Dave Wilton has posted a Big List entry for frankincense, which we don’t seem to have discussed here (though we have talked about frankgum). He says “Frankincense is perhaps best known as one of the gifts the Magi bring to the infant Jesus” and quotes the Vulgate Matthew 2:11 (“et apertis thesauris suis obtulerunt ei munera aurum tus et murram”):
The Latin tus or thus can refer to incense generally and the resin of the genus Boswellia in particular. The Koine Greek original is λίβανος (libanos, frankincense), a reference to what is now Lebanon, probably because trade routes for the product came through there into the eastern Mediterranean.
The English word is borrowed from the Anglo-Norman phrase franc encens. The basic meaning of franc is free, but it can also mean noble or distinguished. In other words, the term means high-quality incense. The Anglo-Latin francum incensum makes an appearance in 1206, although the more usual Latin nomenclature was liberum incensum. However, there is a slight problem with this etymology in that while the Latin liber means free, it was not generally used to mean noble or distinguished. Additionally, the noble/distinguished sense of franc in Anglo-Norman and Continental Old French was, as a rule, only applied to the social status of people. Francencens is the only example in Old French where franc is applied to a plant.

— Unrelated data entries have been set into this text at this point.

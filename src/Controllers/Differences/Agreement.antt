-- ===== src/Controllers/Differences/Agreement.antt =====
-- Where both platforms have the same names, a round creates and deletes nothing.
use yurt_device_controller.Prelude.{String, ◌≡◌, refl, arith, eq_iff, List, [], ◌∷◌, none}
use yurt_device_controller.Prelude.Dict.{Dict, lookup, contains}
use yurt_device_controller.Controllers.Differences.{Contents, keyed_by_name, find_differences}
use yurt_device_controller.Controllers.Differences.Laws.{
  find_differences_by_name, keyed_by_name-HasEdgeNames,
}

no_entries : {V : Type 0} (m : Dict V) → ((k : String) → lookup k m ≡ none) → m ≡ []
no_entries [] h = refl
no_entries ((j, v) ∷ m) h = absurd (ground (arith, h j, eq_iff j j))

module _ {T : Type 0} (c : Contents T) where
  -- For the maps that a round makes of two lists in which the same names occur: there is nothing to
  -- create and nothing to delete, so that the loops over both make no call.
  pub agreement_is_kept :
      (edge kube : List T)
      → let es = keyed_by_name c [] edge in
        let ks = keyed_by_name c [] kube in
        ((k : String) → contains k es ≡ contains k ks)
        → let (redundant_edge, redundant_kube, synced) = find_differences c es ks in
          (redundant_edge ≡ []) × (redundant_kube ≡ [])
  agreement_is_kept edge kube same =
      let es = keyed_by_name c [] edge in
      let ks = keyed_by_name c [] kube in
      let (ne, de) = keyed_by_name-HasEdgeNames c edge [] tt tt in
      let (nk, dk) = keyed_by_name-HasEdgeNames c kube [] tt tt in
      let found = find_differences_by_name c es ks in
      (
        no_entries (find_differences c es ks).0 (λ k. ground (arith, found k ne de nk dk, same k)),
        no_entries (find_differences c es ks).1 (λ k. ground (arith, found k ne de nk dk, same k)),
      )
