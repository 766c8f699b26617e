-- ===== src/Controllers/Jobs.antt =====
-- The work of the program in the order in which it comes: requests that the reconcilers
-- (pkg/controllers/device_controller.go, deviceservice_controller.go, deviceprofile_controller.go)
-- are given, and rounds of the syncers (device_syncer.go, deviceservice_syncer.go,
-- deviceprofile_syncer.go), over the clients of EdgeX.
use yurt_device_controller.Prelude.{String, ◌≡◌, refl, List, [], ◌∷◌}
use yurt_device_controller.Prelude.Io.{Io, ok, pure, ◌>>◌}
use yurt_device_controller.Prelude.Safe.{Returns, dropped, Returns-dropped, Returns-then}
use yurt_device_controller.EdgeX.Http.{HasEntries}
use yurt_device_controller.EdgeX.DeviceClient.{device_interface}
use yurt_device_controller.EdgeX.DeviceClient.Client.{EdgexDeviceClient}
use yurt_device_controller.EdgeX.DeviceClient.Safe.{HasLocations}
use yurt_device_controller.EdgeX.ServiceClient.{EdgexDeviceServiceClient, service_interface}
use yurt_device_controller.EdgeX.ProfileClient.{EdgexDeviceProfile, profile_interface}
use yurt_device_controller.Controllers.Devices.Reconciler.{DeviceReconciler}
use yurt_device_controller.Controllers.Devices.Reconcile as Devices
use yurt_device_controller.Controllers.Devices.Safe as DeviceSafe
use yurt_device_controller.Controllers.Devices.Ends as DeviceEnds
use yurt_device_controller.Controllers.DeviceSyncer as DeviceSyncer
use yurt_device_controller.Controllers.DeviceServices.Lifecycle.{DeviceServiceReconciler}
use yurt_device_controller.Controllers.DeviceServices.Reconcile as Services
use yurt_device_controller.Controllers.DeviceServices.Safe as ServiceSafe
use yurt_device_controller.Controllers.DeviceServiceSyncer as ServiceSyncer
use yurt_device_controller.Controllers.DeviceProfiles.Reconcile as Profiles
use yurt_device_controller.Controllers.DeviceProfiles.Safe as ProfileSafe
use yurt_device_controller.Controllers.DeviceProfileSyncer as ProfileSyncer

pub data Job : Type 0 where
  device_request service_request profile_request : String → Job
  device_round service_round profile_round : Job

-- The clients of EdgeX, the reconcilers and the syncers; whatever clients of the edge platform
-- the latter are given, they are used with those of EdgeX.
pub record Parts (W : Type 0) : Type 0 where
  pub devices : EdgexDeviceClient W
  pub services : EdgexDeviceServiceClient W
  pub profiles : EdgexDeviceProfile W
  pub device_reconciler : DeviceReconciler W
  pub service_reconciler : DeviceServiceReconciler W
  pub profile_reconciler : Profiles.DeviceProfileReconciler W
  pub device_syncer : DeviceSyncer.DeviceSyncer W
  pub service_syncer : ServiceSyncer.DeviceServiceSyncer W
  pub profile_syncer : ProfileSyncer.DeviceProfileSyncer W

module _ {W : Type 0} (p : Parts W) where
  abbrev pub devices_over_edgex : DeviceReconciler W
  devices_over_edgex = record (p.device_reconciler) { device_cli = device_interface p.devices }

  abbrev pub services_over_edgex : DeviceServiceReconciler W
  services_over_edgex = ServiceSafe.over_edgex p.service_reconciler p.services

  abbrev pub profiles_over_edgex : Profiles.DeviceProfileReconciler W
  profiles_over_edgex = ProfileSafe.over_edgex p.profile_reconciler p.profiles

  -- One job; the error of a request goes back to its queue.
  unfoldable pub work : Job → Io W (Unit {0})
  work (device_request name) = dropped (Devices.reconcile devices_over_edgex name)
  work (service_request name) = dropped (Services.reconcile services_over_edgex name)
  work (profile_request name) = dropped (Profiles.reconcile profiles_over_edgex name)
  work device_round =
      DeviceSyncer.sync_round (record (p.device_syncer) { device_cli = device_interface p.devices })
  work service_round =
      ServiceSyncer.sync_round
        (record (p.service_syncer) { device_service_cli = service_interface p.services })
  work profile_round =
      ProfileSyncer.sync_round
        (record (p.profile_syncer) { edge_client = profile_interface p.profiles })

  unfoldable pub work_all : List Job → Io W (Unit {0})
  work_all [] = pure tt
  work_all (j ∷ js) = work j >> work_all js

  -- What the rest of the world has to keep to: in the answers that the services of EdgeX give, the
  -- entries for a creation are no list of one nil pointer, and the locations of devices are absent or
  -- texts; and the devices of the cluster desire only properties that can be read.
  pub record IsSane : Type 0 where
    pub device_entries : HasEntries p.devices.http p.devices.codec
    pub service_entries : HasEntries p.services.http p.services.codec
    pub profile_entries : HasEntries p.profiles.http p.profiles.codec
    pub locations : HasLocations p.devices
    pub readable : DeviceSafe.HoldsReadable devices_over_edgex

  module _ (sane : IsSane) where
    work-Returns : (j : Job) → Returns (work j)
    unfolding work
    work-Returns (device_request name) =
        Returns-dropped (Devices.reconcile devices_over_edgex name) (
          DeviceEnds.reconcile_never_panics devices_over_edgex
            (DeviceEnds.edgex_client-IsLive p.devices sane.device_entries sane.locations
              p.device_reconciler)
            sane.readable name)
    work-Returns (service_request name) =
        Returns-dropped (Services.reconcile services_over_edgex name)
          (ServiceSafe.reconcile-Safe p.service_reconciler p.services sane.service_entries name)
    work-Returns (profile_request name) =
        Returns-dropped (Profiles.reconcile profiles_over_edgex name)
          (ProfileSafe.reconcile-Safe p.profile_reconciler p.profiles sane.profile_entries name)
    work-Returns device_round =
        DeviceEnds.sync_round-Returns p.devices sane.device_entries sane.locations p.device_syncer
    work-Returns service_round = ServiceSafe.sync_round-Returns p.service_syncer p.services
    work-Returns profile_round = ProfileSafe.sync_round-Returns p.profile_syncer p.profiles

    -- Over any HTTP library, codec and cluster where three conditions hold (in no answer that the
    -- services of EdgeX give to a creation, the list of entries is one nil pointer; in none that they
    -- give to a search or a list, the location of a device is anything but absent or a text; and
    -- each read of a property that a device of the cluster desires gives a state or an error other
    -- than "not found", in every state of the world): requests for devices, device services and device profiles and rounds of the
    -- three syncers, in any number and order, are all worked off: none panics, and the errors that
    -- the calls give do not keep the next from being worked off.
    pub all_jobs_end : (js : List Job) (w : W) → (work_all js w).0 ≡ ok tt
    unfolding work_all
    all_jobs_end [] w = refl
    all_jobs_end (j ∷ js) w =
        Returns-then (work j) (work_all js) (work-Returns j) (all_jobs_end js) w
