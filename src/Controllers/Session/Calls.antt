-- ===== src/Controllers/Session/Calls.antt =====
-- Calls recorded in a session do not panic where the code called does not.
use yurt_device_controller.Prelude.{String, List, arith}
use yurt_device_controller.Prelude.Io.{Io}
use yurt_device_controller.Prelude.Safe.{Safe}
use yurt_device_controller.Controllers.Kube.{KubeClient}
use yurt_device_controller.Controllers.Session.{Event, request, patch, write_status}

module _ {W T : Type 0} where
  pub Safe-request : {A : Type 0} (e : Event T) (m : Io W A) → Safe m → Safe (request e m)
  Safe-request e m h s = h s.world

  pub patch-Safe : (kube : KubeClient W T) (fs : List String) → Safe (patch kube fs)
  unfolding patch
  patch-Safe kube fs s = ground arith

  pub write_status-Safe : (kube : KubeClient W T) → Safe (write_status kube)
  unfolding write_status
  write_status-Safe kube s = ground arith
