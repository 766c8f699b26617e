-- ===== src/EdgeX.antt =====
-- pkg/clients/edgex-foundry/util.go: the objects of the edge platform, and their translation to
-- and from the custom resources.
pub mod Dto
pub mod Names
pub mod Devices
pub mod Services
pub mod Profiles
pub mod Http
pub mod DeviceClient
pub mod ServiceClient
pub mod ProfileClient
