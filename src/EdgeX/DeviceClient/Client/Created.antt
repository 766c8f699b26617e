-- ===== src/EdgeX/DeviceClient/Client/Created.antt =====
-- What `Create` returns.
use yurt_device_controller.Prelude.{
  ◌≡◌, arith, true, String, List, Option, none, some, [], ◌∷◌, Bool-cases, inl, inr, same_number,
}
use yurt_device_controller.Prelude.Io.{Io, attempt, Result, value, error, ok, of_result, ◌>>=◌}
use yurt_device_controller.Api.{Device}
use yurt_device_controller.EdgeX.Devices.{make_edgex_device_request}
use yurt_device_controller.EdgeX.Http.{post_method, IdResponse, Response}
use yurt_device_controller.EdgeX.DeviceClient.Client.{
  meta_url, EdgexDeviceClient, created_device, create_answered, create_encoded, create, settle,
}

module _ {W : Type 0} (efc : EdgexDeviceClient W) where
  created_device-fields :
      (d c : Device) (body : String) (ids : List (Option IdResponse)) (w : W)
      → (created_device efc d body ids w).0 ≡ ok c
      → c ≡ record d { status = record (d.status) { edge_id = c.status.edge_id; synced = true } }
  unfolding created_device
  created_device-fields d c body [] w h = cc
  created_device-fields d c body (none ∷ []) w h = cc
  created_device-fields d c body (some r ∷ []) w h = ground arith
  created_device-fields d c body (none ∷ q ∷ ids) w h = cc
  created_device-fields d c body (some r ∷ q ∷ ids) w h = cc

  create_answered-fields :
      (d c : Device) (q : Result Response) (w : W)
      → (create_answered efc d q w).0 ≡ ok c
      → c ≡ record d { status = record (d.status) { edge_id = c.status.edge_id; synced = true } }
  unfolding create_answered
  create_answered-fields d c (error e) w h = cc
  create_answered-fields d c (value resp) w h =
      elim (Bool-cases (same_number resp.status_code 207)) [
        | inl accepted ↦ after (efc.codec.decode_ids resp.body) (rw accepted at h)
        | inr refused ↦ cc (rw refused at h)
      ]
    where
      after :
          (ids : Result (List (Option IdResponse)))
          → ((settle (of_result ids) >>= created_device efc d resp.body) w).0 ≡ ok c
          → c
            ≡ record d { status = record (d.status) { edge_id = c.status.edge_id; synced = true } }
      after (error e) p = cc
      after (value l) p = created_device-fields d c resp.body l w p

  create_encoded-fields :
      (d c : Device) (q : Result String) (w : W)
      → (create_encoded efc d q w).0 ≡ ok c
      → c ≡ record d { status = record (d.status) { edge_id = c.status.edge_id; synced = true } }
  unfolding create_encoded
  create_encoded-fields d c (error e) w h = cc
  create_encoded-fields d c (value body) w h =
      sent (efc.http.send post_method (meta_url efc "") body w) h
    where
      sent :
          (q : Result Response × W)
          → ((let m : Io W Device = attempt (λ _. (of_result q.0, q.1)) >>= create_answered efc d in
                m)
              w).0
            ≡ ok c
          → c
            ≡ record d { status = record (d.status) { edge_id = c.status.edge_id; synced = true } }
      sent (error e, w') p = create_answered-fields d c (error e) w' p
      sent (value resp, w') p = create_answered-fields d c (value resp) w' p

  -- A created device differs from the one that was sent only in its id and in being synced.
  pub created_device_fields :
      (d c : Device) (w : W)
      → (create efc d w).0 ≡ ok c
      → c ≡ record d { status = record (d.status) { edge_id = c.status.edge_id; synced = true } }
  unfolding create
  created_device_fields d c w h =
      create_encoded-fields d c (efc.codec.encode_devices (make_edgex_device_request (d ∷ []))) w h
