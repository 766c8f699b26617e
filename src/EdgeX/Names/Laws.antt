-- ===== src/EdgeX/Names/Laws.antt =====
-- What `toKubeName` leaves out of a name.
use Prim.Native.Char.{Char}
use yurt_device_controller.Prelude.{
  String, Bool, true, false, ◌≡◌, refl, ap, arith, Bool-cases, inl, inr, if◌then◌else◌,
}
use yurt_device_controller.EdgeX.Names.{
  GoText, same_char, translate, to_lower, dash, map_text, to_kube_name, is_ascii, uppers, lowers,
}

-- Some character of the text is among those of another text.
abbrev pub among : String → Char → Bool
among String.[] c = false
among (String.◌∷◌ x xs) c = if same_char c x then true else among xs c

abbrev pub has_any : String → String → Bool
has_any set String.[] = false
has_any set (String.◌∷◌ c s) = if among set c then true else has_any set s

same_length : String → String → Bool
same_length String.[] String.[] = true
same_length (String.◌∷◌ x xs) (String.◌∷◌ y ys) = same_length xs ys
same_length _ _ = false

-- A translated character is not among those of a set, if no translation is, and if the
-- characters of the set are all translated.
translate-among :
    (set xs ys : String) (c : Char)
    → same_length xs ys ≡ true
    → has_any set ys ≡ false
    → (among xs c ≡ false → among set c ≡ false)
    → among set (translate xs ys c) ≡ false
unfolding same_length
translate-among set String.[] String.[] c lengths clean all = all refl
translate-among set String.[] (String.◌∷◌ y ys) c lengths clean all = cc
translate-among set (String.◌∷◌ x xs) String.[] c lengths clean all = cc
translate-among set (String.◌∷◌ x xs) (String.◌∷◌ y ys) c lengths clean all =
    elim (Bool-cases (same_char c x)) [
      | inl same ↦ rw same (ground arith)
      | inr other ↦
          rw other (translate-among set xs ys c lengths (ground arith) (λ h. all (rw other h)))
    ]

map_text-has_any :
    (f : Char → Char) (set : String)
    → ((c : Char) → among set (f c) ≡ false)
    → (s : String) → has_any set (map_text f s) ≡ false
unfolding map_text
map_text-has_any f set h String.[] = refl
map_text-has_any f set h (String.◌∷◌ c s) = ground (arith, h c, map_text-has_any f set h s)

map_text-map_text :
    (f g : Char → Char) (s : String) → map_text f (map_text g s) ≡ map_text (λ c. f (g c)) s
unfolding map_text
map_text-map_text f g String.[] = refl
map_text-map_text f g (String.◌∷◌ c s) = ap (λ t. String.◌∷◌ (f (g c)) t) (map_text-map_text f g s)

-- `unicode.ToLower` gives no ASCII capital for a character outside ASCII.
abbrev pub IsLowering : GoText → Type 0
IsLowering go = (c : Char) → is_ascii c ≡ false → among uppers (go.wide_lower c) ≡ false

to_lower-among : (go : GoText) → IsLowering go → (c : Char) → among uppers (to_lower go c) ≡ false
unfolding to_lower same_length
to_lower-among go wide c = elim (Bool-cases (is_ascii c)) [
  | inl ascii ↦ rw ascii (translate-among uppers uppers lowers c refl refl (λ h. h))
  | inr other ↦ rw other (wide c other)
]

-- The name of a resource made from a name on the edge platform has no underscore and no ASCII
-- capital, which Kubernetes does not allow in names, provided that lowering a character outside
-- ASCII gives no ASCII capital.
pub to_kube_name_is_plain :
    (go : GoText) (name : String)
    → IsLowering go
    → (has_any "_" (to_kube_name go name) ≡ false) × (has_any uppers (to_kube_name go name) ≡ false)
unfolding to_kube_name dash same_length
to_kube_name_is_plain go name wide = (
  map_text-has_any dash "_" (λ c. translate-among "_" "_" "-" c refl refl (λ h. h))
      (map_text (to_lower go) name),
  rw (map_text-map_text dash (to_lower go) name) (
      map_text-has_any (λ c. dash (to_lower go c)) uppers
        (λ c.
          translate-among uppers "_" "-" (to_lower go c) refl refl (λ h. to_lower-among go wide c))
        name),
)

That issue does not rule the standard etymology out, but it does suggest an alternative. It may be that the Latin liberum incensum is a re-analysis of the Greek libanos, turning what was in Greek a reference to the Levant into a more familiar adjective in Latin. The franc would then be a straightforward translation of the Latin, with a subsequent semantic shift to mean noble/high quality, as that would make more sense in the context of incense […]
Makes sense to me. (He continues with a discussion of the word’s complicated history in French and English.)